[Records drawn from a dataset]
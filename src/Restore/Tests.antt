-- ===== src/Restore/Tests.antt =====
-- The rewriting of a spec at concrete inputs.
use pod_snapshotter.Base.{true, false, none, Bool, Option, List, [], ◌∷◌, All, ◌≡◌, ◌↔◌}
use pod_snapshotter.Base.Bytes.{Bytes, codes}
use pod_snapshotter.Base.Int.{pos}
use pod_snapshotter.Restore.Spec.{SandboxTarget, RuntimeSpec, rewrite_spec, gpu_devices_present}
use pod_snapshotter.Restore.Mounts.{IsPrivate, rewrite_spec-IsPrivate}
use pod_snapshotter.Restore.Extra.{
  Distinct, rewrite_spec-Distinct, IsPresent, gpu_devices_present_iff,
}

abbrev target : SandboxTarget
target = record {
  pause_pid = pos 7;
  pod_uid = codes "u2";
  old_pod_uid = codes "u1";
  cgroups_path = [];
  rootfs_path = codes "/rootfs";
  sandbox_id = [];
  keeper_mounts = λ d. [];
  extra_mounts = [];
  host_root = [];
}

abbrev dumped : RuntimeSpec
dumped = record {
  namespaces = [];
  cgroups_path = [];
  allows_all_devices = false;
  process = none;
  root = none;
  mounts =
      record {
        destination = codes "/dev/nvidia0";
        type = codes "bind";
        source = codes "/dev/nvidia0";
        options = codes "rshared" ∷ [];
      }
      ∷ [];
  others = [];
}

present : Bytes → Bool
present p = true

no_entries : Bytes → Option (List Bytes)
no_entries d = none

rewrite_spec-IsPrivate_example :
    All IsPrivate (rewrite_spec present no_entries target dumped).mounts
rewrite_spec-IsPrivate_example = rewrite_spec-IsPrivate present no_entries target dumped

rewrite_spec-Distinct_example : Distinct (rewrite_spec present no_entries target dumped).mounts
rewrite_spec-Distinct_example = rewrite_spec-Distinct present no_entries target dumped (tt, tt)

gpu_devices_present_iff_example :
    (gpu_devices_present present no_entries dumped ≡ true)
    ↔ All (IsPresent present no_entries) dumped.mounts
gpu_devices_present_iff_example = gpu_devices_present_iff present no_entries dumped
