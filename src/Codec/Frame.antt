-- ===== src/Codec/Frame.antt =====
-- codec/mod.rs: whole packets. A reader is the list of the bytes that it will deliver before its
-- end; a writer is the list of the bytes written, and does not fail. A `BytesMut` is the list of
-- the bytes that it holds; it is returned when the call succeeds, and an error keeps none of it.
use Prim.Native.Nat.{bit_or}
use hotaru_mqtt.Base.{
  ℕ, ◌+◌, [], ◌∷◌, ◌++◌, Option, none, some, ltb, if◌then◌else◌, length, take, drop, Bytes, u8, u16,
  shr, low_bits, to_be_bytes, Outcome, ok, panic, ◌>>=◌, ◌>>◌, fail_if, ok_or, map_err, Bool,
}
use hotaru_mqtt.Error.{MqttError, CodecError, Violation}
use hotaru_mqtt.Request.{PacketId}
use hotaru_mqtt.Packet.{Packet, PublishPacket, mqtt_spec_max_packet_size}
use hotaru_mqtt.Packet.PacketType
use hotaru_mqtt.Safety
use hotaru_mqtt.Safety.{max_packet_size}
use hotaru_mqtt.Codec.Varint.{
  read_exact, read_remaining_length, decode_remaining_length_from_slice, encode_remaining_length,
}
use hotaru_mqtt.Codec.Primitives.{index, slice}
use hotaru_mqtt.Codec.Encode.{
  encode_connect, encode_connack, encode_publish, encode_subscribe, encode_suback,
  encode_unsubscribe, validate_publish_for_encode, pack_publish_flags, type_byte, id_bytes,
}
use hotaru_mqtt.Codec.Decode.{parse_packet}

-- `BytesMut::split_to` of the bytes crate, which is documented to panic past the end.
unfoldable pub split_to : ℕ → Bytes → Outcome MqttError (Bytes × Bytes)
split_to n buf = if ltb (length buf) n then panic else ok (take n buf, drop n buf)

abbrev pub too_large : ℕ → ℕ → MqttError
too_large len max = MqttError.protocol (Violation.packet_too_large len max)

module _ (valid_utf8 : Bytes → Bool) where
  unfoldable pub read_packet : Bytes → ℕ → Outcome MqttError (Packet × Bytes)
  read_packet wire max_size = do
    (header, w1) ← read_exact 1 wire
    first ← index header 0
    let raw_type = shr first 4
    type ←
        ok_or (PacketType.try_from raw_type)
          (MqttError.codec (CodecError.invalid_packet_type raw_type))
    (remaining, w2) ← read_remaining_length w1
    fail_if (ltb max_size remaining) (too_large remaining max_size)
    (body, w3) ← read_exact remaining w2
    packet ← parse_packet valid_utf8 first type remaining body
    ok (packet, w3)

  -- What follows the remaining length, once it is known.
  unfoldable pub split_packet :
      Bytes → ℕ → PacketType.PacketType → ℕ → ℕ → ℕ → Outcome MqttError (Option Packet × Bytes)
  split_packet buf first type remaining rl_bytes max_size = do
    fail_if (ltb max_size remaining) (too_large remaining max_size)
    let header_len = 1 + rl_bytes
    let total = header_len + remaining
    let whole = (do
      (packet_bytes, left) ← split_to total buf
      body ← slice packet_bytes header_len (length packet_bytes)
      packet ← parse_packet valid_utf8 first type remaining body
      ok (some packet, left))
    if ltb (length buf) total then ok (none, buf) else whole

  unfoldable pub decode_packet_from_bytes : Bytes → ℕ → Outcome MqttError (Option Packet × Bytes)
  decode_packet_from_bytes buf max_size =
      let framed_part = (do
        first ← index buf 0
        let raw_type = shr first 4
        type ←
            ok_or (PacketType.try_from raw_type)
              (MqttError.codec (CodecError.invalid_packet_type raw_type))
        rest ← slice buf 1 (length buf)
        found ← decode_remaining_length_from_slice rest
        elim found [
          | none ↦ ok (none, buf)
          | some (remaining, rl_bytes) ↦ split_packet buf first type remaining rl_bytes max_size
        ]) in
      if ltb (length buf) 2 then ok (none, buf) else framed_part

-- The acknowledgements, `vec![first, 0x02, (*id >> 8) as u8, (*id & 0xFF) as u8]`.
abbrev pub ack_bytes : ℕ → PacketId → Bytes
ack_bytes first id = first ∷ 0x02 ∷ u8 (shr id 8) ∷ u8 (low_bits id 8) ∷ []

unfoldable pub encode_packet : Packet → Outcome CodecError Bytes
encode_packet (Packet.connect c) = ok (encode_connect c)
encode_packet (Packet.connack c) = ok (encode_connack c)
encode_packet (Packet.publish p) = encode_publish p
encode_packet (Packet.puback id) = ok (ack_bytes 0x40 id)
encode_packet (Packet.pubrec id) = ok (ack_bytes 0x50 id)
encode_packet (Packet.pubrel id) = ok (ack_bytes 0x62 id)
encode_packet (Packet.pubcomp id) = ok (ack_bytes 0x70 id)
encode_packet (Packet.subscribe s) = ok (encode_subscribe s)
encode_packet (Packet.suback s) = ok (encode_suback s)
encode_packet (Packet.unsubscribe u) = ok (encode_unsubscribe u)
encode_packet (Packet.unsuback id) = ok (ack_bytes 0xB0 id)
encode_packet Packet.pingreq = ok (0xC0 ∷ 0x00 ∷ [])
encode_packet Packet.pingresp = ok (0xD0 ∷ 0x00 ∷ [])
encode_packet Packet.disconnect = ok (0xE0 ∷ 0x00 ∷ [])

-- The bytes on the wire after the call.
unfoldable pub write_packet : Bytes → Packet → Outcome MqttError Bytes
write_packet wire packet = do buf ← map_err MqttError.codec (encode_packet packet); ok (wire ++ buf)

unfoldable pub id_len : Option PacketId → ℕ
id_len none = 0
id_len (some id) = 2

-- What follows the validation.
unfoldable pub write_validated : Bytes → PublishPacket → Option PacketId → Outcome MqttError Bytes
write_validated wire p id = do
  let var_header_len = 2 + length p.topic + id_len id
  let body_len = var_header_len + length p.payload
  fail_if (ltb mqtt_spec_max_packet_size body_len)
      (MqttError.codec (CodecError.body_too_long body_len mqtt_spec_max_packet_size))
  let header =
      bit_or (type_byte PacketType.publish) (pack_publish_flags p)
      ∷ (((encode_remaining_length body_len ++ to_be_bytes (u16 (length p.topic))) ++ p.topic)
          ++ id_bytes id)
  ok ((wire ++ header) ++ p.payload)

unfoldable pub write_publish_packet : Bytes → PublishPacket → Outcome MqttError Bytes
unfolding write_validated
write_publish_packet wire p =
    map_err MqttError.codec (validate_publish_for_encode p) >>= λ id. write_validated wire p id

-- `Message for Packet`: `encode` behind what the buffer holds, and `decode` under the default cap.
unfoldable pub encode : Packet → Bytes → Outcome MqttError Bytes
encode p buf = do bytes ← map_err MqttError.codec (encode_packet p); ok (buf ++ bytes)

unfoldable pub decode : (Bytes → Bool) → Bytes → Outcome MqttError (Option Packet × Bytes)
decode valid_utf8 buf = decode_packet_from_bytes valid_utf8 buf (max_packet_size Safety.new)
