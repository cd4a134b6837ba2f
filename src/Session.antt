-- ===== src/Session.antt =====
-- session.rs: the session of one connection. A oneshot channel is a number, given out by
-- `next_waiter`; `resolved` records what each receiver got, `dropped` where its sender was
-- dropped. A DashMap call is one atomic step, and a waker is two of them.
pub mod Ids
pub mod Waking
pub mod Accounts
pub mod Qos2
use hotaru_mqtt.Base.{
  ℕ, suc, ◌+◌, ◌≡◌, List, [], ◌∷◌, Bool, true, false, Option, none, some, ◌==◌, if◌then◌else◌,
  Outcome, ok, err, Bytes, u16,
}
use hotaru_mqtt.Request.{PacketId, IncomingPublish}
use hotaru_mqtt.Request.SubackCode.{SubackCode}
use hotaru_mqtt.Packet.{PublishPacket}
use hotaru_mqtt.DashMap.{get, insert, remove, contains_key, nat_key}

pub data AckKind : Type 0 where
  puback pubrec pubcomp : AckKind

abbrev pub Waiter : Type 0
Waiter = ℕ

pub data AckSlot : Type 0 where
  puback pubrec pubcomp suback unsuback : Waiter → AckSlot

pub data Resolution : Type 0 where
  acked : PacketId → Resolution
  granted : List SubackCode → Resolution
  unsubscribed dropped : Resolution

pub record BindInfo : Type 0 where
  pub client_id : Bytes
  pub keep_alive : ℕ

pub record MqttSession : Type 0 where
  pub pkt_counter : ℕ
  pub bind : Option BindInfo
  pub qos2_recv : List (PacketId × IncomingPublish)
  pub pending_acks : List (PacketId × AckSlot)
  pub outbound_inflight : List (PacketId × PublishPacket)
  pub next_waiter : Waiter
  pub resolved : List (Waiter × Resolution)

unfoldable pub new : MqttSession
new = record {
  pkt_counter = 0;
  bind = none;
  qos2_recv = [];
  pending_acks = [];
  outbound_inflight = [];
  next_waiter = 0;
  resolved = [];
}

-- `OnceLock::set`: the first value stays, and a later one is given back.
unfoldable pub set_bind : MqttSession → BindInfo → MqttSession × Outcome BindInfo (Unit {0})
set_bind s info = elim s.bind [
  | none ↦ (record s { bind = some info }, ok tt)
  | some b ↦ (s, err info)
]

-- `OnceLockBindInfo::get`, and what it was set to.
unfoldable pub get_bind : MqttSession → Option BindInfo
get_bind s = s.bind

unfoldable pub bound_client_id : MqttSession → Option Bytes
unfolding get_bind
bound_client_id s = elim (get_bind s) [ none ↦ none | some b ↦ some b.client_id ]

unfoldable pub bound_keep_alive : MqttSession → Option ℕ
unfolding get_bind
bound_keep_alive s = elim (get_bind s) [ none ↦ none | some b ↦ some b.keep_alive ]

-- `fetch_add(1)` wraps; 0 is skipped.
unfoldable pub allocate_packet_id : MqttSession → MqttSession × PacketId
allocate_packet_id s =
    let next = u16 (s.pkt_counter + 1) in
    (record s { pkt_counter = next }, if next == 0 then 1 else next)

-- Sends on a oneshot, or drops its sender.
abbrev pub resolve : MqttSession → Waiter → Resolution → MqttSession
resolve s w r = record s { resolved = (w, r) ∷ s.resolved }

abbrev pub waiter_of : AckSlot → Waiter
waiter_of (AckSlot.puback w) = w
waiter_of (AckSlot.pubrec w) = w
waiter_of (AckSlot.pubcomp w) = w
waiter_of (AckSlot.suback w) = w
waiter_of (AckSlot.unsuback w) = w

abbrev pub drop_slot : Option AckSlot → MqttSession → MqttSession
drop_slot none s = s
drop_slot (some slot) s = resolve s (waiter_of slot) Resolution.dropped

-- `pending_acks.insert(id, slot)`: a slot that was there is dropped.
unfoldable pub insert_slot : PacketId → AckSlot → MqttSession → MqttSession
insert_slot id slot s =
    drop_slot (get id s.pending_acks) (record s { pending_acks = insert id slot s.pending_acks })

-- A new oneshot, parked under `id`; the receiver is returned.
unfoldable pub park : PacketId → (Waiter → AckSlot) → MqttSession → MqttSession × Waiter
unfolding insert_slot
park id slot s = (
  insert_slot id (slot s.next_waiter) (record s { next_waiter = suc s.next_waiter }),
  s.next_waiter,
)

abbrev pub kind_slot : AckKind → Waiter → AckSlot
kind_slot AckKind.puback w = AckSlot.puback w
kind_slot AckKind.pubrec w = AckSlot.pubrec w
kind_slot AckKind.pubcomp w = AckSlot.pubcomp w

unfoldable pub park_publish_ack_waiter : PacketId → AckKind → MqttSession → MqttSession × Waiter
unfolding park
park_publish_ack_waiter id kind s = park id (kind_slot kind) s

unfoldable pub park_suback_waiter : PacketId → MqttSession → MqttSession × Waiter
unfolding park
park_suback_waiter id s = park id AckSlot.suback s

unfoldable pub park_unsuback_waiter : PacketId → MqttSession → MqttSession × Waiter
unfolding park
park_unsuback_waiter id s = park id AckSlot.unsuback s

abbrev pub without_slot : PacketId → MqttSession → MqttSession
without_slot id s = record s { pending_acks = remove id s.pending_acks }

unfoldable pub cancel_ack_waiter : PacketId → MqttSession → MqttSession
cancel_ack_waiter id s = drop_slot (get id s.pending_acks) (without_slot id s)

-- The kind of ack that a slot waits for, if it is one of a publish flow.
abbrev pub parked_kind : AckSlot → Option AckKind
parked_kind (AckSlot.puback w) = some AckKind.puback
parked_kind (AckSlot.pubrec w) = some AckKind.pubrec
parked_kind (AckSlot.pubcomp w) = some AckKind.pubcomp
parked_kind (AckSlot.suback w) = none
parked_kind (AckSlot.unsuback w) = none

abbrev pub kind_eq : AckKind → AckKind → Bool
kind_eq AckKind.puback AckKind.puback = true
kind_eq AckKind.pubrec AckKind.pubrec = true
kind_eq AckKind.pubcomp AckKind.pubcomp = true
kind_eq _ _ = false

abbrev pub is_kind : AckKind → Option AckKind → Bool
is_kind kind none = false
is_kind kind (some k) = kind_eq k kind

-- The second step of `wake_ack_waiter`, with the slot that `remove` returned.
abbrev pub settle_ack : PacketId → AckSlot → MqttSession → MqttSession
settle_ack id (AckSlot.puback w) s = resolve s w (Resolution.acked id)
settle_ack id (AckSlot.pubrec w) s = resolve s w (Resolution.acked id)
settle_ack id (AckSlot.pubcomp w) s = resolve s w (Resolution.acked id)
settle_ack id (AckSlot.suback w) s = insert_slot id (AckSlot.suback w) s
settle_ack id (AckSlot.unsuback w) s = insert_slot id (AckSlot.unsuback w) s

abbrev pub settle_suback : PacketId → List SubackCode → AckSlot → MqttSession → MqttSession
settle_suback id codes (AckSlot.suback w) s = resolve s w (Resolution.granted codes)
settle_suback id codes (AckSlot.puback w) s = insert_slot id (AckSlot.puback w) s
settle_suback id codes (AckSlot.pubrec w) s = insert_slot id (AckSlot.pubrec w) s
settle_suback id codes (AckSlot.pubcomp w) s = insert_slot id (AckSlot.pubcomp w) s
settle_suback id codes (AckSlot.unsuback w) s = insert_slot id (AckSlot.unsuback w) s

abbrev pub settle_unsuback : PacketId → AckSlot → MqttSession → MqttSession
settle_unsuback id (AckSlot.unsuback w) s = resolve s w Resolution.unsubscribed
settle_unsuback id (AckSlot.puback w) s = insert_slot id (AckSlot.puback w) s
settle_unsuback id (AckSlot.pubrec w) s = insert_slot id (AckSlot.pubrec w) s
settle_unsuback id (AckSlot.pubcomp w) s = insert_slot id (AckSlot.pubcomp w) s
settle_unsuback id (AckSlot.suback w) s = insert_slot id (AckSlot.suback w) s

-- `let Some((_, slot)) = remove(..) else { return }; match slot { .. }`
abbrev pub take_slot : PacketId → (AckSlot → MqttSession → MqttSession) → MqttSession → MqttSession
take_slot id settle s = elim (get id s.pending_acks) [
  | none ↦ s
  | some slot ↦ settle slot (without_slot id s)
]

-- `let Some(entry) = get(..) else { return }; if !test { return }`, then the second step.
abbrev pub peek_then :
    PacketId → (AckSlot → Bool) → (MqttSession → MqttSession) → MqttSession → MqttSession
peek_then id test next s = elim (get id s.pending_acks) [
  | none ↦ s
  | some slot ↦ if test slot then next s else s
]

abbrev pub is_suback : AckSlot → Bool
is_suback (AckSlot.suback w) = true
is_suback _ = false

abbrev pub is_unsuback : AckSlot → Bool
is_unsuback (AckSlot.unsuback w) = true
is_unsuback _ = false

unfoldable pub wake_suback_waiter : PacketId → List SubackCode → MqttSession → MqttSession
wake_suback_waiter id codes = peek_then id is_suback (take_slot id (settle_suback id codes))

unfoldable pub wake_unsuback_waiter : PacketId → MqttSession → MqttSession
wake_unsuback_waiter id = peek_then id is_unsuback (take_slot id (settle_unsuback id))

unfoldable pub wake_ack_waiter : PacketId → AckKind → MqttSession → MqttSession
wake_ack_waiter id expected =
    peek_then id (λ slot. is_kind expected (parked_kind slot)) (take_slot id (settle_ack id))

unfoldable pub clear_outbound_inflight : PacketId → MqttSession → MqttSession
clear_outbound_inflight id s = record s { outbound_inflight = remove id s.outbound_inflight }

unfoldable pub stash_qos2_publish : PacketId → IncomingPublish → MqttSession → MqttSession
stash_qos2_publish id publish s = record s { qos2_recv = insert id publish s.qos2_recv }

unfoldable pub take_qos2_publish : PacketId → MqttSession → MqttSession × Option IncomingPublish
take_qos2_publish id s = (record s { qos2_recv = remove id s.qos2_recv }, get id s.qos2_recv)

unfoldable pub track_outbound_inflight : PacketId → PublishPacket → MqttSession → MqttSession
track_outbound_inflight id publish s = record s {
  outbound_inflight = insert id publish s.outbound_inflight;
}

unfoldable pub has_outbound_inflight : PacketId → MqttSession → Bool
has_outbound_inflight id s = contains_key id s.outbound_inflight

-- `pending_acks.clear()` drops every sender.
abbrev pub drop_all :
    List (PacketId × AckSlot) → List (Waiter × Resolution) → List (Waiter × Resolution)
drop_all [] out = out
drop_all ((id, slot) ∷ m) out = (waiter_of slot, Resolution.dropped) ∷ drop_all m out

unfoldable pub abandon : MqttSession → MqttSession
abandon s = record s {
  pending_acks = [];
  resolved = drop_all s.pending_acks s.resolved;
  qos2_recv = [];
  outbound_inflight = [];
}
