-- ===== src/Channel.antt =====
-- channel.rs: `MqttChannel`, the shared handle of one connection, with its writer task. The clones
-- of a channel share one value of this record. `reader` holds the bytes that the peer will have
-- sent before it closes, `wire` the bytes that were written to it. Addresses are left out.
pub mod Sending
pub mod Wire
use hotaru_mqtt.Base.{
  ℕ, ◌+◌, ◌%◌, ◌^◌, List, [], ◌∷◌, ◌++◌, Bool, true, false, Option, none, some, if◌then◌else◌,
  Bytes, Outcome, ok, err, panic,
}
use hotaru_mqtt.Error.{MqttError}
use hotaru_mqtt.Packet.{Packet, PublishPacket}
use hotaru_mqtt.Codec.Frame.{write_packet, write_publish_packet}
use hotaru_mqtt.Session
use hotaru_mqtt.Session.{BindInfo, MqttSession, bound_client_id, bound_keep_alive, abandon}

-- `hotaru_core::protocol::ProtocolRole`
pub data ProtocolRole : Type 0 where
  server client : ProtocolRole

-- `fetch_add(1)` on the global counter of 64 bits.
unfoldable pub next_connection_id : ℕ → ℕ × ℕ
next_connection_id counter = ((counter + 1) % 2 ^ 64, counter)

pub data WriteCmd : Type 0 where
  packet : Packet → WriteCmd
  publish : PublishPacket → WriteCmd
  flush shutdown : WriteCmd

pub record MqttChannel : Type 0 where
  pub reader : Option Bytes
  pub connection_id : ℕ
  pub role : ProtocolRole
  pub session : MqttSession
  pub is_open : Bool
  pub shutdown : Bool
  pub writer_alive : Bool
  pub queue : List WriteCmd
  pub wire : Bytes

unfoldable pub new : Bytes → ProtocolRole → ℕ → MqttChannel
new reader role connection_id = record {
  reader = some reader;
  connection_id = connection_id;
  role = role;
  session = Session.new;
  is_open = true;
  shutdown = false;
  writer_alive = true;
  queue = [];
  wire = [];
}

-- The first caller swaps the flag and signals; `shutdown` says that the writer was notified.
unfoldable pub close : MqttChannel → MqttChannel
close ch =
    if ch.is_open
    then record ch { is_open = false; shutdown = true; session = abandon ch.session }
    else ch

unfoldable pub take_reader : MqttChannel → MqttChannel × Option Bytes
take_reader ch = (record ch { reader = none }, ch.reader)

-- What the session was bound to.
unfoldable pub client_id : MqttChannel → Option Bytes
client_id ch = bound_client_id ch.session

unfoldable pub keep_alive : MqttChannel → Option ℕ
keep_alive ch = bound_keep_alive ch.session

-- `cmd_tx.send`
abbrev pub send : WriteCmd → MqttChannel → MqttChannel × Outcome MqttError (Unit {0})
send cmd ch =
    if ch.writer_alive
    then (record ch { queue = ch.queue ++ (cmd ∷ []) }, ok tt)
    else (ch, err MqttError.channel_closed)

unfoldable pub send_packet : Packet → MqttChannel → MqttChannel × Outcome MqttError (Unit {0})
send_packet p = send (WriteCmd.packet p)

unfoldable pub send_publish :
    PublishPacket → MqttChannel → MqttChannel × Outcome MqttError (Unit {0})
send_publish p = send (WriteCmd.publish p)

-- What follows the loop of `writer_actor`. The receiver of the commands goes with the task.
unfoldable pub writer_exit : MqttChannel → MqttChannel
writer_exit ch = record ch { is_open = false; writer_alive = false; queue = [] }

abbrev pub written : MqttChannel → Outcome MqttError Bytes → MqttChannel
unfolding writer_exit
written ch (ok wire) = record ch { wire = wire }
written ch (err e) = writer_exit ch
written ch panic = writer_exit ch

-- The arms of `match cmd`, for a writer that takes what it is given.
unfoldable pub writer_recv : WriteCmd → MqttChannel → MqttChannel
unfolding writer_exit written
writer_recv (WriteCmd.packet p) ch = written ch (write_packet ch.wire p)
writer_recv (WriteCmd.publish p) ch = written ch (write_publish_packet ch.wire p)
writer_recv WriteCmd.flush ch = ch
writer_recv WriteCmd.shutdown ch = writer_exit ch

-- One round of the loop that receives a command; on an empty queue it waits.
unfoldable pub writer_step : MqttChannel → MqttChannel
unfolding writer_recv
writer_step ch = elim ch.queue [
  | [] ↦ ch
  | cmd ∷ rest ↦ writer_recv cmd (record ch { queue = rest })
]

▸ WORK ORDER: With the line that has "process = none;" as the first and the line that has "(gpu_devices_present present no_entries" as the last, repeat exactly that run of lines above and no more.

▸ SOLVED PROBLEM:
  process = none;
  root = none;
  mounts =
      record {
        destination = codes "/dev/nvidia0";
        type = codes "bind";
        source = codes "/dev/nvidia0";
        options = codes "rshared" ∷ [];
      }
      ∷ [];
  others = [];
}

present : Bytes → Bool
present p = true

no_entries : Bytes → Option (List Bytes)
no_entries d = none

rewrite_spec-IsPrivate_example :
    All IsPrivate (rewrite_spec present no_entries target dumped).mounts
rewrite_spec-IsPrivate_example = rewrite_spec-IsPrivate present no_entries target dumped

rewrite_spec-Distinct_example : Distinct (rewrite_spec present no_entries target dumped).mounts
rewrite_spec-Distinct_example = rewrite_spec-Distinct present no_entries target dumped (tt, tt)

gpu_devices_present_iff_example :
    (gpu_devices_present present no_entries dumped ≡ true)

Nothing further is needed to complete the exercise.